Evaluating Machine Learning Models for Early Diabetes Prediction: A Comparative Study
Qazi Waqas Khan*
Department of Computer Engineering, Jeju National University, Jejusi 63243, Jeju Special Self-Governing Province, Republic of Korea
*Corresponding author: Qazi Waqas Khan, Department of Computer Engineering, Jeju National University, Jejusi 63243, Jeju Special Self-Governing Province, Republic of Korea. Email: waqasqazi19@stu.jejunu.ac.kr
Received: July 01, 2024 Accepted: July 18, 2024 Published: July 25, 2024
Abstract
High blood glucose levels can affect the body’s organs, causing blindness, renal illness, and heart and kidney diseases. Globally, Diabetic patients experience a mortality rate of 38% yearly. Machine Learning methods are used in the literature to predict diabetes. The prediction of machine learning models can assist doctors in making early decisions. This study employed the Neural Oblivious Decision Ensembles (NODE), Xtreme Gradient Boosting (XGB), AdaBoost, and Support Vector Machine (SVM) models to diagnose diabetes. An early-risk diabetes dataset is utilized in this study to conduct the experiments. The principal component analysis method is employed to extract the features. The performance metrics for evaluating machine learning classifiers are accuracy, precision, recall, and f score. The experimental results of the learning models show that the XGB model has achieved higher prediction results than the SVM, AdaBoost, and NODE. These findings conclude that the utilization of this approach assists the stakeholders in the diagnosis of early diabetes.
Introduction
High blood sugar is a leading factor of death, depicting diabetes as a destructive chronic illness and creating an alarming condition. According to WHO, the number of diabetic patients increased significantly from 108 million in 1980 to 422 million in 2014 [1]. About 8.5% of adults and 30.3% of the U.S. population are affected by diabetes [2]. China and India, being the most populous countries, have the highest diabetes rates of 98 million and 65.1 million cases, respectively [3]. Both types of diabetes are serious conditions. Type 1 diabetes attacks the pancreas and affects the formulation of insulin in the body; type 2 diabetes includes insulin resistance, which stops the body from using insulin, causing high blood glucose levels [4]. Diabetes cannot be cured but it can be treated, early diagnosis can minimize the complication risks [5]. A balanced diet and early detection can increase an individual’s lifespan. Detecting diabetes at an early stage based on a doctor’s assessment can be inaccurate because of gaps in understanding the related patterns [6]. However, predictive analytics can improve the identification of at-risk individuals, anticipate issues, and enhance treatment results [7]. Predictive analytics can identify high-risk individuals, predict complications, and enhance care. A doctor can determine the most effective treatment course for everyone affected by diabetes, leading to better outcomes [8]. Therefore, a Computer-Aided Diagnosis (CAD) system can help physicians make better decisions for diagnosing diabetes at an early stage. [9]. The CAD system analyzes blood sugar levels, haemoglobin A1C levels, and other useful clinical data to detect diabetes and suggest necessary actions depending on the information obtained.

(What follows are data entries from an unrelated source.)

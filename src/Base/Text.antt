-- ===== src/Base/Text.antt =====
-- Byte strings: std::string as a list of numbers, in the order of std::string's operator<.
use Prim.Native.Nat.{ℕ, compare, Ordering}
use Prim.Native.Char.{code}
use Prim.Native.String.{String}
use mathlib.Core.Path.{◌≡◌, refl}
use mathlib.Core.Bool.{Bool, true, false}
use mathlib.Core.List.{List, [], ◌∷◌}
use native.Mathlib.Omega.{arith}

abbrev pub Bytes : Type 0
Bytes = List ℕ

-- The code points of a literal; these are its bytes when the text is ASCII.
abbrev pub codes : String → Bytes
codes String.[] = []
codes (String.◌∷◌ c s) = code c ∷ codes s

-- std::string::compare.
unfoldable pub compare_bytes : Bytes → Bytes → Ordering
compare_bytes [] [] = Ordering.eq
compare_bytes [] (y ∷ ys) = Ordering.lt
compare_bytes (x ∷ xs) [] = Ordering.gt
compare_bytes (x ∷ xs) (y ∷ ys) = elim (compare x y) [
  | Ordering.lt ↦ Ordering.lt
  | Ordering.eq ↦ compare_bytes xs ys
  | Ordering.gt ↦ Ordering.gt
]

pub compare_bytes_refl : (s : Bytes) → compare_bytes s s ≡ Ordering.eq
unfolding compare_bytes
compare_bytes_refl [] = refl
compare_bytes_refl (x ∷ xs) = ground (arith, compare_bytes_refl xs)

pub compare_bytes-eq : (s t : Bytes) → compare_bytes s t ≡ Ordering.eq → s ≡ t
unfolding compare_bytes
compare_bytes-eq [] [] h = refl
compare_bytes-eq [] (y ∷ ys) h = cc
compare_bytes-eq (x ∷ xs) [] h = cc
compare_bytes-eq (x ∷ xs) (y ∷ ys) h = ground (arith, compare_bytes-eq xs ys)

pub compare_bytes-gt :
    (s t : Bytes) → compare_bytes s t ≡ Ordering.gt → compare_bytes t s ≡ Ordering.lt
unfolding compare_bytes
compare_bytes-gt [] [] h = cc
compare_bytes-gt [] (y ∷ ys) h = cc
compare_bytes-gt (x ∷ xs) [] h = refl
compare_bytes-gt (x ∷ xs) (y ∷ ys) h = ground (arith, compare_bytes-gt xs ys)

pub compare_bytes-lt :
    (s t : Bytes) → compare_bytes s t ≡ Ordering.lt → compare_bytes t s ≡ Ordering.gt
unfolding compare_bytes
compare_bytes-lt [] [] h = cc
compare_bytes-lt [] (y ∷ ys) h = refl
compare_bytes-lt (x ∷ xs) [] h = cc
compare_bytes-lt (x ∷ xs) (y ∷ ys) h = ground (arith, compare_bytes-lt xs ys)

pub compare_bytes_trans :
    (s t u : Bytes)
    → compare_bytes s t ≡ Ordering.lt
    → compare_bytes t u ≡ Ordering.lt
    → compare_bytes s u ≡ Ordering.lt
unfolding compare_bytes
compare_bytes_trans [] [] u h k = cc
compare_bytes_trans [] (y ∷ ys) [] h k = cc
compare_bytes_trans [] (y ∷ ys) (z ∷ zs) h k = refl
compare_bytes_trans (x ∷ xs) [] u h k = cc
compare_bytes_trans (x ∷ xs) (y ∷ ys) [] h k = cc
compare_bytes_trans (x ∷ xs) (y ∷ ys) (z ∷ zs) h k = ground (arith, compare_bytes_trans xs ys zs)

-- std::string::operator==.
abbrev pub same_bytes : Bytes → Bytes → Bool
same_bytes s t = elim (compare_bytes s t) [ Ordering.eq ↦ true | _ ↦ false ]

pub same_bytes→eq : (s t : Bytes) → same_bytes s t ≡ true → s ≡ t
same_bytes→eq s t h = compare_bytes-eq s t (ground arith)

pub same_bytes_refl : (s : Bytes) → same_bytes s s ≡ true
same_bytes_refl s = ground (arith, compare_bytes_refl s)

-- U+2014 and U+2026 in UTF-8, as the source's messages hold them.
abbrev pub em_dash : Bytes
em_dash = 0xE2 ∷ 0x80 ∷ 0x94 ∷ []

abbrev pub ellipsis : Bytes
ellipsis = 0xE2 ∷ 0x80 ∷ 0xA6 ∷ []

The Neural Oblivious Decision Ensembles (NODE), Xtreme Gradient Boosting (XGB), AdaBoost, and Support Vector Machine (SVM) models are used in this study to predict diabetes—label encoder method to convert the text category into numeric. The standard scalar method converts the feature value into the same between 0 and 1.
The structure of the paper is described as Section 2 explains the details of a proposed method for diabetes prediction. Sections 3 and 4 explain the experimental results and conclusion of the paper.
Proposed Methods
This section briefly describes the proposed machine learning models used for diabetes prediction. Figure 1 shows the architecture diagram, which shows that we used the early diabetes risk dataset as an input for the data pre-processing module. In data pre-processing, the label encoding, and standard scalar method are applied for data preparation. The prepared data is transmitted as input to proposed models for diabetes classification. The performance of a machine learning model is analyzed using the accuracy, precision, recall, and f score.
Figure 1: Comparison graph of Machine Learning Model for Diabetes Classification (with PCA feature extraction) based on accuracy.
Figure 2: Comparison graph of Machine Learning Model for Diabetes Classification (with PCA feature extraction) based f score.
Figure 3: Comparison graph of Machine Learning Model for Diabetes Classification (without PCA feature extraction) based on accuracy.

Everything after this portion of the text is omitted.